Content starts
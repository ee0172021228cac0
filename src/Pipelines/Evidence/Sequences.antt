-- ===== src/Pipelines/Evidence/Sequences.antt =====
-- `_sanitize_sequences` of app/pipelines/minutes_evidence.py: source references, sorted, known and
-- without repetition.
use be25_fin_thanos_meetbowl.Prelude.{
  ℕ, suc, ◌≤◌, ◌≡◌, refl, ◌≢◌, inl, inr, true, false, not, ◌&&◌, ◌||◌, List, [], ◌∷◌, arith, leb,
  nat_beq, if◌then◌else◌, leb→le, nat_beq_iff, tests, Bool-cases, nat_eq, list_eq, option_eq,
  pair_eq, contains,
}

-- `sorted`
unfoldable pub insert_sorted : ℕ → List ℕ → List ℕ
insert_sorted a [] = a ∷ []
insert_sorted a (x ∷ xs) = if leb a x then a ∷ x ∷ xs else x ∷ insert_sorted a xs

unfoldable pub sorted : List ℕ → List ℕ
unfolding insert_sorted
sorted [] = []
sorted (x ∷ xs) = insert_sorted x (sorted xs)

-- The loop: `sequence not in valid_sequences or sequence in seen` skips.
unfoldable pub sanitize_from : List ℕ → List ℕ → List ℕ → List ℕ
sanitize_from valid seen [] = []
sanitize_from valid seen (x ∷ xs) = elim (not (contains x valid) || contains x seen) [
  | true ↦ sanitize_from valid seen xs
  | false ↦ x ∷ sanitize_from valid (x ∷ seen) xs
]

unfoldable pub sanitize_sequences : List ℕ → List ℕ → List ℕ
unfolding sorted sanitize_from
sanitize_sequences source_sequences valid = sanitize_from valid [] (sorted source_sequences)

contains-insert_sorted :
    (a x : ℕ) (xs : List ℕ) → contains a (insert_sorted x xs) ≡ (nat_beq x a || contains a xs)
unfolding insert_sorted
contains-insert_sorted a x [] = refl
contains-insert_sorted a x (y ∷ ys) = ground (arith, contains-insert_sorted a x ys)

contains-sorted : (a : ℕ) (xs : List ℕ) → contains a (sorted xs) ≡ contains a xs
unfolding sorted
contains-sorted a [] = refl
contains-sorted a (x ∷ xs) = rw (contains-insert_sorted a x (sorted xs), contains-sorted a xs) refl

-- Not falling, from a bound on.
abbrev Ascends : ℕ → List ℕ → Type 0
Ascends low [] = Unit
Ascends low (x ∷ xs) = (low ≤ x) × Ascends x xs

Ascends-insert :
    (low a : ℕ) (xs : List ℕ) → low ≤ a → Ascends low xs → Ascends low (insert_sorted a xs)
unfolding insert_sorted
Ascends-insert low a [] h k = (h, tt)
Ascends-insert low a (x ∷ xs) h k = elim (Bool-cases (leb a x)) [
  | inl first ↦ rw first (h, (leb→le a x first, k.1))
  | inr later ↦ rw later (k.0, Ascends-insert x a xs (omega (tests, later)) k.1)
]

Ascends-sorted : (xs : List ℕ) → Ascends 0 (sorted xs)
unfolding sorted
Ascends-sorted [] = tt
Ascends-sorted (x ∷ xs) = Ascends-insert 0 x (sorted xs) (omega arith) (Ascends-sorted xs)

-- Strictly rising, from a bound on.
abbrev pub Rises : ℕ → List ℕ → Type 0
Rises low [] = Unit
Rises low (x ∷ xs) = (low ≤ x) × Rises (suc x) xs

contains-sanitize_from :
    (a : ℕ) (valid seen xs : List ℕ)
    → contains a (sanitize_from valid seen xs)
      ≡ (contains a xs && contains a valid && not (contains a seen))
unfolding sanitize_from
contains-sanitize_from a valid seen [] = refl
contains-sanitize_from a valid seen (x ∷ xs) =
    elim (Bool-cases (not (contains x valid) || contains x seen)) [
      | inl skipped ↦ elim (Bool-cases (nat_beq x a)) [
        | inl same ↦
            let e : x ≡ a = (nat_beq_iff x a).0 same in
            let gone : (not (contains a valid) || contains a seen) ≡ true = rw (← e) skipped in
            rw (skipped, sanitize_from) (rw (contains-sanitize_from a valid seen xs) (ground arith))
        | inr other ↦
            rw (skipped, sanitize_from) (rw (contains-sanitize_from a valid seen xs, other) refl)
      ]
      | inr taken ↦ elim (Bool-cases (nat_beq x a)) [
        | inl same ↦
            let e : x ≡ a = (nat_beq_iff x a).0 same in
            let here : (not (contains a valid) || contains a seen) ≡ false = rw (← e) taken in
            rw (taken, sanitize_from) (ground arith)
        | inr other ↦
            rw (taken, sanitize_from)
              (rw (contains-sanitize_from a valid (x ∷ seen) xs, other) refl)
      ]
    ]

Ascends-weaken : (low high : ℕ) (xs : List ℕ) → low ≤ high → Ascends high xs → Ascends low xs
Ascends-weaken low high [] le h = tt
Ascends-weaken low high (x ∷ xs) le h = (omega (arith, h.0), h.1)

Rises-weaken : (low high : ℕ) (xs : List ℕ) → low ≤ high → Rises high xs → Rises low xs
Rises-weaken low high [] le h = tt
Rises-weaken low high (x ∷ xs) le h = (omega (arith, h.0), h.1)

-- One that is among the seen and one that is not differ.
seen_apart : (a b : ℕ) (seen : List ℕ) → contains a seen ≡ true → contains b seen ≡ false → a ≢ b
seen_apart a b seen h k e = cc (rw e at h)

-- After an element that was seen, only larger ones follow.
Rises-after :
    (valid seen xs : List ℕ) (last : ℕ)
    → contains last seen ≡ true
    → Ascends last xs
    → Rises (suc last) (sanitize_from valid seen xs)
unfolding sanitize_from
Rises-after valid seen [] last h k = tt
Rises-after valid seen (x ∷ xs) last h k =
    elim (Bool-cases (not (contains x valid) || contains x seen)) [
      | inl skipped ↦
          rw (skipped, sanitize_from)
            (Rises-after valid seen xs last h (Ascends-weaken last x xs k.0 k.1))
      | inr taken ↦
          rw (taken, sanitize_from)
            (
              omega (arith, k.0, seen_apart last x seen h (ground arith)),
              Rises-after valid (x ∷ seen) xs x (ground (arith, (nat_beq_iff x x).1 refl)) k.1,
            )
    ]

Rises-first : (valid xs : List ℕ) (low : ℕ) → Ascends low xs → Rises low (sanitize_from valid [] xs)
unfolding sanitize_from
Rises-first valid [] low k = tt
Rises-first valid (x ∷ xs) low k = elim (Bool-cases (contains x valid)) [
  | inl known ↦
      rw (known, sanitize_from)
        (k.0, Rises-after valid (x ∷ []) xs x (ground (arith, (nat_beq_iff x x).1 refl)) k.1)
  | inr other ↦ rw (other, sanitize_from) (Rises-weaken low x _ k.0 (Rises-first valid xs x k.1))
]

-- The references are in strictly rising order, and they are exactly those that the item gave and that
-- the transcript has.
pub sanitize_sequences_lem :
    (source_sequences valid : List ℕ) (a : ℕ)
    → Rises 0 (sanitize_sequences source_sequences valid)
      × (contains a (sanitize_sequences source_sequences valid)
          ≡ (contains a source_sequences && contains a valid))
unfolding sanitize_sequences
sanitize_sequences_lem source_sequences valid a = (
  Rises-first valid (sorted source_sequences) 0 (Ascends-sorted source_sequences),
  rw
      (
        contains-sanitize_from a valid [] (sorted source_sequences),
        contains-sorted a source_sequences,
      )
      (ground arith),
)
Content ends
Content starts
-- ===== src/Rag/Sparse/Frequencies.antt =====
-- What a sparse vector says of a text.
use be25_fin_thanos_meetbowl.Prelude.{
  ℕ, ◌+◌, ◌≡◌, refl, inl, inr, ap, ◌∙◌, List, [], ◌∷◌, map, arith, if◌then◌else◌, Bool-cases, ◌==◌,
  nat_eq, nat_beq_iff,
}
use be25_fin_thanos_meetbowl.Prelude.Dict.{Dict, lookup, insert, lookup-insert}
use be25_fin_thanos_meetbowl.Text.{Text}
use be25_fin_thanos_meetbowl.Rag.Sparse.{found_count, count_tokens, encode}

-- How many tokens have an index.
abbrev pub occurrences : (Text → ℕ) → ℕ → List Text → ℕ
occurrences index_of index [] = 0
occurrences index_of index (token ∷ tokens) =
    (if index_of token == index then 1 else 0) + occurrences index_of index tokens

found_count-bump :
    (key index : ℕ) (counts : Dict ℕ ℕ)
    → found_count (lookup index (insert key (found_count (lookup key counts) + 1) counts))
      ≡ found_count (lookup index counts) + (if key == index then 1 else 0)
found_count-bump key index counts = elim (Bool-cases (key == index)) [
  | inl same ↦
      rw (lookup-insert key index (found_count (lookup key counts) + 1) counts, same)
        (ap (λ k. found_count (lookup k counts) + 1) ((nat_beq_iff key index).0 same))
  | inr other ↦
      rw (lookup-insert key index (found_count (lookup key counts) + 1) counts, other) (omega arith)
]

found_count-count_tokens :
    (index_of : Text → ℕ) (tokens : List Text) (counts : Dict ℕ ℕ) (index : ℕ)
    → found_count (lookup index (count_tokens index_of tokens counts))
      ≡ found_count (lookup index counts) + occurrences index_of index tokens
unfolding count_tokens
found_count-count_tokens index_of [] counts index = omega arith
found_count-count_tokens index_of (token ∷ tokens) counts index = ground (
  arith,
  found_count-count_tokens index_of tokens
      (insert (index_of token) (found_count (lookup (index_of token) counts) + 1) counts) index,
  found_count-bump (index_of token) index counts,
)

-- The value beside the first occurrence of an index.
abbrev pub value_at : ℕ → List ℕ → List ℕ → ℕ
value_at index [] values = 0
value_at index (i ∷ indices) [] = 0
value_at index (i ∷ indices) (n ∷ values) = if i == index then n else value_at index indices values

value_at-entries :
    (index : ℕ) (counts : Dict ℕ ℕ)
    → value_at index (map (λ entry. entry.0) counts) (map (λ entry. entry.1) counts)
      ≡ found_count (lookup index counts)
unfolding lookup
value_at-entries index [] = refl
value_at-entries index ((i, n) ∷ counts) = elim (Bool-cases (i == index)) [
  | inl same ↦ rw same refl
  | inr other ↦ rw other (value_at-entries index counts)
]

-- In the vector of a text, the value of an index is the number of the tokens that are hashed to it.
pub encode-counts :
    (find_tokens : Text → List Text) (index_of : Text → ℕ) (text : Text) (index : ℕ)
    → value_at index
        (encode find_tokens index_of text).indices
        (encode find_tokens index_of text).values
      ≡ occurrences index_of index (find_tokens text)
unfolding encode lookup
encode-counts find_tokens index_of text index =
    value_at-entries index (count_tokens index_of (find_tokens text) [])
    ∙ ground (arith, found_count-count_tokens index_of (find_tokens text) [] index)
Content ends
Content starts
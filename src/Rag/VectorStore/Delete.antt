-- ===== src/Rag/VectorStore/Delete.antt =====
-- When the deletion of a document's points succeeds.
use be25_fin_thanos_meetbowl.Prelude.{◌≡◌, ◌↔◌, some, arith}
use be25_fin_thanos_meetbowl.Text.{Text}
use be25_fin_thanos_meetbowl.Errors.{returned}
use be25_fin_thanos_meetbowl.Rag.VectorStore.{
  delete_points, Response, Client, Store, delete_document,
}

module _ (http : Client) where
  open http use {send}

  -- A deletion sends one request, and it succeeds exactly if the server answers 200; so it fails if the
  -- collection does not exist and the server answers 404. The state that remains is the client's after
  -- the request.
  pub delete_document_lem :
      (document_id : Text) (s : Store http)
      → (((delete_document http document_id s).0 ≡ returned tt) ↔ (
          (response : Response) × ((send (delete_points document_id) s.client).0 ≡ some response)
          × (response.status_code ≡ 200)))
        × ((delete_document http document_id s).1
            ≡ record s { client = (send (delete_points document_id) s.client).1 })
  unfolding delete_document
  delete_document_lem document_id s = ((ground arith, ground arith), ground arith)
Content ends
Exercise details: The required answer is each line of the data in which the word "request" appears.

Response:
  -- A deletion sends one request, and it succeeds exactly if the server answers 200; so it fails if the
  -- the request.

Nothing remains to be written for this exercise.